# Backyard Doves



## Parrothead (Apr 15, 2004)

I went to let the beagle out this morning and had about 40 or more doves inthe back yard. I am thinking of doing the lazy man hunt Friday morning. Get up late, put some shorts on, set in the swing and shoot some doves. Man, life is rough!!!!
I might take the extra effort and put out the mojo-dove and a few other dekes. We'll see.
It'll probably be raining though, just my luck. If it is, I will sit at the computer watching out the window until they gather then go sneak out the back and let 'em have it!
I figure if i go in guns blazing from both hands I can get off 6 shots in a few seconds and maybe hit a couple birds. If I get 'em on the ground I can kill several in one shot probably. Heck, I bet I could even hit a few of those nasty starlings that just showed up all of a sudden yesterday.


----------



## Darwin (Apr 12, 2004)

Parrothead said:


> Heck, I bet I could even hit a few of those nasty starlings that just showed up all of a sudden yesterday.

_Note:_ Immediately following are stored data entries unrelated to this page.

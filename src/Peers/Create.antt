-- ===== src/Peers/Create.antt =====
-- src/server/peer-service.ts, lines 54 to 152: the creation of a peer. The new identifier, the keys,
-- the cipher, the window of a period and the database's reading of an address are arguments. The
-- images of the client's configuration are left out, and the row of the router is at hand.
use wireguard_panel.Base.{
  ℕ, Bool, false, not, ◌||◌, List, [], ◌∷◌, ◌++◌, Option, none, some, if◌then◌else◌, find,
}
use wireguard_panel.Base.Int.{pos}
use wireguard_panel.Base.Text.{Text, text_eq, codes}
use wireguard_panel.Base.Decimal.{nonempty}
use wireguard_panel.Quota.{QuotaPeriod}
use wireguard_panel.Traffic.Rows.{Window}
use wireguard_panel.Routeros.Types.{RemoteWireGuardPeer}
use wireguard_panel.Operations.{start_operation, operation_step, finish_operation, completed}
use wireguard_panel.Pools.Rows.{WireGuardPool, InterfaceScope}
use wireguard_panel.Pools.Choose.{choose_pool_address, claim_pool_address, lock_pool_for_peer}
use wireguard_panel.Bandwidth.Queues.{SimpleQueue}
use wireguard_panel.Bandwidth.Apply.{
  apply_peer_bandwidth_remote, persist_bandwidth_result, get_effective_peer_bandwidth,
}
use wireguard_panel.Peers.World.{
  LifecycleStatus, SyncState, BandwidthState, PeerRecord, Handler, ◌>>=◌, ◌>>◌, pure, fail, modify,
  check, rethrown, get_peers, has_remote_id, update_record, set_operation, duplicate_peer,
  not_returned,
}
use wireguard_panel.Peers.Input.{
  CreatePeerInput, WireGuardKeys, StagedPeer, text_or, text_or_null, number_or_null, number_or,
  of_pool, wireguard_interface, create_remote_peer, initial_quota, is_duplicate, verified_row,
  created_row, inserted_peer, with_record,
}
use wireguard_panel.Peers.Undo.{undo_create}

module _ (inet : Text → Option ℕ) (encrypt_secret : Text → Text)
    (quota_period_window : ℕ → QuotaPeriod → Window) (fingerprint : RemoteWireGuardPeer → Text)
    (digest : SimpleQueue → Text) (keys : WireGuardKeys) (peer_id : ℕ)
    (input : CreatePeerInput) where
  abbrev pub encrypted_or_null : Option Text → Option Text
  encrypted_or_null none = none
  encrypted_or_null (some t) = if nonempty t then some (encrypt_secret t) else none

  -- The values of the `INSERT INTO peers`.
  unfoldable pub inserted_record : ℕ → WireGuardPool → Text → PeerRecord
  inserted_record now pool client_ip = record {
    id = peer_id;
    public_key = keys.public_key;
    remote_id = none;
    remote_fingerprint = none;
    disabled = false;
    expired = false;
    disabled_reason = none;
    quota_bypass_until = none;
    lifecycle_status = LifecycleStatus.creating;
    sync_state = SyncState.pending;
    bandwidth_sync_state = BandwidthState.not_configured;
    expires_at = input.expires_at;
    created_at = now;
    lifetime_rx_bytes = pos 0;
    lifetime_tx_bytes = pos 0;
    private_key_encrypted = some (encrypt_secret keys.private_key);
    preshared_key_encrypted = encrypted_or_null keys.preshared_key;
    client = record {
      description = text_or_null input.description;
      allowed_address = client_ip ++ codes "/32";
      client_allowed_ips = text_or input.client_allowed_ips pool.settings.client_allowed_ips;
      dns_server = text_or input.dns_server pool.settings.dns;
      persistent_keepalive =
          number_or input.persistent_keepalive pool.settings.persistent_keepalive;
      mtu = number_or input.mtu pool.settings.mtu;
      endpoint_override = text_or_null input.endpoint_override;
      endpoint_port_override = number_or_null input.endpoint_port_override;
    };
    quota = initial_quota quota_period_window now input.quota_bytes input.quota_period;
    bandwidth = record (input.bandwidth) {
      burst_threshold_download_bps = none;
      burst_threshold_upload_bps = none;
    };
    bandwidth_source = none;
  }

  abbrev pub requested : Option Text
  requested = if input.is_manual then input.requested_ip else none

  -- The first transaction; nothing is written before its end, where it commits.
  unfoldable pub stage_peer : Handler StagedPeer
  stage_peer w =
      (do
        pool ←
            of_pool (lock_pool_for_peer w.tables input.pool_id input.router_id input.interface_id)
        remote_peers ← get_peers
        client_ip ← of_pool (choose_pool_address w.tables pool remote_peers requested none)
        check (not (is_duplicate input.interface_id client_ip keys.public_key w)) duplicate_peer
        db ← of_pool (
            claim_pool_address inet
              (record (w.tables) {
                peers = w.tables.peers ++ inserted_peer peer_id input client_ip ∷ [];
              })
              pool client_ip peer_id input.name)
        let row = inserted_record w.now pool client_ip
        modify (with_record row db)
        pure (record {
          client_ip = client_ip;
          allowed_address = row.client.allowed_address;
          keepalive = row.client.persistent_keepalive;
        }))
        w

  -- The second transaction, which only checks.
  unfoldable pub recheck_address : List RemoteWireGuardPeer → Text → Handler Text
  recheck_address remote_peers client_ip w =
      (do
        pool ←
            of_pool (lock_pool_for_peer w.tables input.pool_id input.router_id input.interface_id)
        of_pool (choose_pool_address w.tables pool remote_peers (some client_ip) (some peer_id)))
        w

  abbrev pub is_created : Text → RemoteWireGuardPeer → Bool
  is_created remote_id p = has_remote_id remote_id p || text_eq p.public_key keys.public_key

  abbrev pub or_not_returned : Option RemoteWireGuardPeer → Handler RemoteWireGuardPeer
  or_not_returned none = fail not_returned
  or_not_returned (some remote) = pure remote

  unfoldable pub create_on_router : InterfaceScope → StagedPeer → Handler RemoteWireGuardPeer
  create_on_router interface staged = do
    remote_id ← create_remote_peer (record {
      interface_name = interface.name;
      public_key = keys.public_key;
      allowed_address = staged.allowed_address;
      comment = text_or input.description [];
      persistent_keepalive = staged.keepalive;
      preshared_key = keys.preshared_key;
      disabled = none;
    })
    modify (λ w. record w { created_id = some remote_id })
    peers ← get_peers
    remote ← or_not_returned (find (is_created remote_id) peers)
    modify (update_record peer_id (verified_row remote.id (fingerprint remote)))
    modify (set_operation (operation_step (codes "router_peer")))
    pure remote

  unfoldable pub apply_bandwidth : Text → Handler (Unit {0})
  apply_bandwidth client_ip = do
    policy ← get_effective_peer_bandwidth peer_id
    result ←
        apply_peer_bandwidth_remote digest
          (record { id = peer_id; name = input.name; client_ip = client_ip }) policy false
    modify (persist_bandwidth_result digest peer_id policy result)
    modify (set_operation (operation_step (codes "bandwidth")))

  unfoldable pub create_body : InterfaceScope → Handler Text
  create_body interface = do
    staged ← stage_peer
    modify (set_operation (operation_step (codes "database_allocation")))
    latest ← get_peers
    confirmed ← recheck_address latest staged.client_ip
    remote ← create_on_router interface staged
    apply_bandwidth staged.client_ip
    modify (update_record peer_id created_row)
    modify (λ w. set_operation (finish_operation w.now completed) w)
    pure staged.client_ip

  unfoldable pub create_peer : Handler Text
  create_peer = do
    modify (λ w. record w { operation = start_operation; staged = false; created_id = none })
    interface ← wireguard_interface input.interface_id input.router_id
    λ w. rethrown (undo_create peer_id) (create_body interface w)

MMMMMMM Starlings, best served deep fried in chocolate sauce!!

Well, how did you do? It is not very nice of you to go dove hunting w/out me while I am stuck here at work!


----------



## Parrothead (Apr 15, 2004)

I'll let you know soon. I just got up and let the beasts out and there were more than I saw yesterday so I will be heading out real soon. I could get used to this kind of hunting real easy man!


----------



## Parrothead (Apr 15, 2004)

FOr just over an hour of hunting now, total is 4 birds  bad shooting. I should have my limit by now. THe birds have oved off for a while so I am shutting down the mojo and wait til they start flying again.


----------



## mojo (Apr 12, 2004)

I'm sure I don't really have to ask this but you live out in the country correct? Man my dad has feeders all over our backyard with doves everywhere. It's all I have not to bust out the BB gun and pop a few. Doubt the neighborhood or the cops would be too fond of the 12 gauge. So stupid question but would that technically be illegal? I know it would because the bait in the feeders but let's just say you lived in the city, no feeders and used a slingshot or BB gun in your backyard? Is a BB gun considered a firearm? how bout a slingshot?


----------



## swantucky (Dec 21, 2004)

Not sure about Toledo but in Maumee you can't shoot a bow or bb gun. The city of Sylvania will not even let you shoot a 3-d target in your backyard with a bow. My buddy is a Tol. cop, I'll ask him at soccer practice tonight. I love living in the county.....fire away!!!!!!!!!!


----------



## Parrothead (Apr 15, 2004)

I ended up with 4 more doves today. I still have them coming into the backyard. 
MOJO---- I do live in the country. I have 5 acres in Morrow Co. I have neighbors but enough room to shoot out back. Next year I will have my dove fields put in the back 1/2 of the property. My plan is for like a 200'x200' sunflower/millett/corn or something like that. My own private dove field..how cool is that.
As for shooting them with a bb gun i believe that answer is "illegal" and the bird feeders are consider baiting.


----------



## swantucky (Dec 21, 2004)

I did not get a conclusive answer on the legality of the bb gun. He said "I don't think you would have any trouble as long as you were not causing and problems". I'll see him again tonight and see if he found any more info.


----------



## Parrothead (Apr 15, 2004)

Swantucky,

If you read the Migratory Bird Reg's PUblication 298 Under Restictions on Taking: Section 1 & 5 for the bb gun and it'll tell you what is legal/not legal to use for hunting. Since a bb gun is considered "air rifle" RIfle being the key word here, and the "bird feeder" is baiting Sections 2 & 11. 
Basically this is what I have been told by more than one wildlife officer "if you have to ask if it is legal, then chances are it probably is NOT"
Here is the link to the publication I was talking about.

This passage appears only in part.